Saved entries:
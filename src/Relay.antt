-- ===== src/Relay.antt =====
-- internal/node/relay_server.go: how the relay admits an operation. It authenticates the token of a
-- request, leases the route's generation in the ledger, matches the claims against it, spends the
-- token's identifier, and hands out a binding; and internal/node/dataplane.go, BindAuthorizedSandbox.
pub mod Admission
pub mod Findings
pub mod Authority
use brezel.Common.{
  ℕ, ◌+◌, ◌-◌, ◌*◌, ◌^◌, Bool, true, false, not, ◌&&◌, ◌||◌, List, [], ◌∷◌, ◌++◌, Option, none,
  some, length, ltb, leb, ◌==◌, nat_eq, all, if◌then◌else◌, ℤ, pos, negsuc, Text, text_eq, codes,
  trim_space, contains_any, has_prefix, Time, east, Result, ok, err, Comparable,
}
use brezel.Ledger.Types.{State, ready, draining, state_eq, Route, Binding, binding_from_disk}
use brezel.Ledger.Operations.{Ledger}
use brezel.Ledger.Leases.{Lease, acquire_operation, release, resolve}
use brezel.Replay
use brezel.Replay.{ReplayCache, use_jti}
use brezel.Capability
use brezel.Ledger.Types
use brezel.Capability.{CapabilityClaims, CapabilityExpected}
use brezel.Capability.Tokens.{
  CapabilityVerifier, Formats, authenticate, match_claims, first_is, second,
}

-- The status and code of a refused request.
pub data Refusal : Type 0 where
  is_draining missing_route invalid_authorization capability_rejected : Refusal
  route_changed route_not_found invalid_route not_ready : Refusal

pub record RelayServer : Type 0 where
  pub node_id : Text
  pub boot_epoch : Text
  pub audience : Text
  pub ledger : Ledger
  pub verifier : CapabilityVerifier
  pub replay : ReplayCache
  pub draining : Bool

-- The values of the Authorization header
unfoldable pub relay_capability : List Text → Option Text
relay_capability (value ∷ []) =
    if has_prefix value (codes "BrezelCapability ")
    then usable (without (codes "BrezelCapability ") value)
    else none
  where
    without : Text → Text → Text
    without [] s = s
    without (p ∷ ps) [] = []
    without (p ∷ ps) (c ∷ s) = without ps s

    usable : Text → Option Text
    usable token =
        if token == [] || contains_any token (32 ∷ 9 ∷ 13 ∷ 10 ∷ 44 ∷ []) then none else some token
relay_capability _ = none

-- The values of the route header
unfoldable pub relay_route_id : List Text → Option Text
relay_route_id (value ∷ []) =
    if not (value == [])
      && (trim_space value == value && not (contains_any value (44 ∷ 0 ∷ 13 ∷ 10 ∷ [])))
    then some value
    else none
relay_route_id _ = none

pub record RelayAuthorization : Type 0 where
  pub route_id : Text
  pub claims : CapabilityClaims

unfoldable pub own_claims : RelayServer → Text → Text → CapabilityClaims → Bool
own_claims s route operation c =
    c.audience == s.audience
    && (c.node_id == s.node_id
        && (c.boot_epoch == s.boot_epoch
            && (c.route_id == route
                && (length c.operations == 1 && first_is c.operations operation))))

unfoldable pub checked_claims :
    RelayServer
    → Text
    → Text
    → Result Capability.Error CapabilityClaims
    → Result Refusal RelayAuthorization
checked_claims s route operation (err why) = err capability_rejected
checked_claims s route operation (ok c) =
    if own_claims s route operation c
    then ok (record { route_id = route; claims = c })
    else err capability_rejected

-- authenticate, on the two headers
unfoldable pub authenticate_request :
    Formats → RelayServer → Time → List Text → List Text → Text → Result Refusal RelayAuthorization
authenticate_request f s clock routes authorizations operation =
    if s.draining then err is_draining else elim (relay_route_id routes) [
      | none ↦ err missing_route
      | some route ↦ elim (relay_capability authorizations) [
        | none ↦ err invalid_authorization
        | some token ↦ checked_claims s route operation (authenticate f s.verifier clock token)
      ]
    ]

-- `time.Unix(seconds, 0)`, which no claims that were authenticated put before the zero time
unfoldable pub from_unix : ℤ → Time
from_unix (pos n) = record { instant = (n + 62135596800) * second; offset = east 0 }
from_unix (negsuc n) = record { instant = (62135596800 - (n + 1)) * second; offset = east 0 }

-- A SandboxBinding that BindAuthorizedSandbox returns
pub record SandboxBinding : Type 0 where
  pub project_id : Text
  pub sandbox_id : Text
  pub backend_id : Text
  pub revision : ℕ
  pub expires_at : Time

unfoldable pub bindable_id : Text → Bool
bindable_id value = not (trim_space value == [] || contains_any value (0 ∷ 13 ∷ 10 ∷ []))

-- The tests of BindAuthorizedSandbox, for the operation id `relay`
unfoldable pub bindable : SandboxBinding → ℕ → Bool
bindable b now =
    all bindable_id (b.project_id ∷ b.sandbox_id ∷ b.backend_id ∷ codes "relay" ∷ [])
    && (not (ltb b.revision 1)
        && not (b.expires_at.instant == 0 || not (ltb now b.expires_at.instant)))

-- BindAuthorizedSandbox at the binding clock's time `now`
unfoldable pub bind_authorized_sandbox : SandboxBinding → ℕ → Option SandboxBinding
bind_authorized_sandbox b now = if bindable b now then some b else none

-- The arguments that authorize gives to BindAuthorizedSandbox
abbrev pub binding_for : CapabilityClaims → Binding → SandboxBinding
binding_for c current = record {
  project_id = current.route.project_id;
  sandbox_id = current.route.sandbox_id;
  backend_id = current.engine_id;
  revision = current.route.generation;
  expires_at = from_unix c.expires_at;
}

-- writeRelayLedgerError
unfoldable pub ledger_refusal : Types.Error → Refusal
ledger_refusal Types.not_found = route_not_found
ledger_refusal Types.invalid = invalid_route
ledger_refusal Types.stale_generation = route_changed
ledger_refusal Types.state_conflict = route_changed
ledger_refusal Types.active_operations = route_changed
ledger_refusal _ = not_ready

-- releaseLease
unfoldable pub release_lease : RelayServer → Lease → RelayServer
release_lease s lease = record s { ledger = (release s.ledger lease).0 }

-- `claims.Operations[0]`, which claims that were authenticated have
unfoldable pub sole_operation : List Text → Text
sole_operation [] = []
sole_operation (o ∷ os) = o

abbrev pub expected_at : RelayServer → CapabilityClaims → Route → Text → CapabilityExpected
expected_at s c public digest = record {
  audience = s.audience;
  node_id = s.node_id;
  boot_epoch = s.boot_epoch;
  route_id = public.route_id;
  generation = public.generation;
  project_id = public.project_id;
  sandbox_id = public.sandbox_id;
  operation = sole_operation c.operations;
  request_digest = digest;
}

abbrev pub Authorized : Type 0
Authorized = RelayServer × Result Refusal (SandboxBinding × Lease)

-- The binding, once the identifier is spent
unfoldable pub handed_out : RelayServer → Lease → Option SandboxBinding → Authorized
handed_out s lease none = (release_lease s lease, err route_changed)
handed_out s lease (some binding) = (s, ok (binding, lease))

-- The outcome of Use
unfoldable pub spent :
    RelayServer
    → CapabilityClaims
    → Binding
    → Lease
    → ℕ
    → ReplayCache × Result Replay.Error (Unit {0})
    → Authorized
spent s c current lease bind_now (cache, err why) =
    (release_lease (record s { replay = cache }) lease, err capability_rejected)
spent s c current lease bind_now (cache, ok done) =
    handed_out (record s { replay = cache }) lease
      (bind_authorized_sandbox (binding_for c current) bind_now)

-- What follows the lease: the checks, each of which gives the lease back where it refuses.
unfoldable pub leased : RelayServer → CapabilityClaims → Text → ℕ → ℕ → Binding → Lease → Authorized
leased s c digest use_now bind_now current lease =
    if ltb (2 ^ 63 - 1) current.route.generation || current.engine_id == []
    then (release_lease s lease, err route_changed)
    else elim (match_claims s.verifier c (expected_at s c current.route digest)) [
      | err why ↦ (release_lease s lease, err capability_rejected)
      | ok matched ↦
          spent s c current lease bind_now
            (use_jti s.replay use_now c.jti (from_unix c.expires_at).instant)
    ]

unfoldable pub after_acquire :
    RelayServer
    → CapabilityClaims
    → Text
    → ℕ
    → ℕ
    → Ledger × Result Types.Error (Binding × Lease)
    → Authorized
after_acquire s c digest use_now bind_now (l, err why) =
    (record s { ledger = l }, err (ledger_refusal why))
after_acquire s c digest use_now bind_now (l, ok (current, lease)) =
    leased (record s { ledger = l }) c digest use_now bind_now current lease

-- authorize, with the times that the replay cache and the binding read
unfoldable pub authorize_request : RelayServer → RelayAuthorization → Text → ℕ → ℕ → Authorized
authorize_request s a digest use_now bind_now =
    let c = a.claims in
    after_acquire s c digest use_now bind_now
      (acquire_operation s.ledger a.route_id c.project_id c.sandbox_id c.generation)

-- The check that a binding makes of the ledger before each use: `active` until it is released.
unfoldable pub still_bound :
    RelayServer → Bool → SandboxBinding → Text → Text → Text → Text → ℕ → Bool
still_bound s active b route project sandbox engine revision =
    if not active || (ltb revision 1 || not (revision == b.revision))
    then false
    else elim (resolve s.ledger route) [
      | err why ↦ false
      | ok current ↦
          current.route.project_id == project
          && (current.route.sandbox_id == sandbox
              && (current.route.generation == b.revision
                  && ((current.route.state == ready || current.route.state == draining)
                      && (current.engine_id == b.backend_id && engine == b.backend_id))))
    ]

Task requirements: I'd like the lines above from the one with "abbrev pub Authorized : Type 0" up to and including the one with "unfoldable pub handed_out" copied exactly, with no other lines.

Reply to the task:
abbrev pub Authorized : Type 0
Authorized = RelayServer × Result Refusal (SandboxBinding × Lease)

-- The binding, once the identifier is spent
unfoldable pub handed_out : RelayServer → Lease → Option SandboxBinding → Authorized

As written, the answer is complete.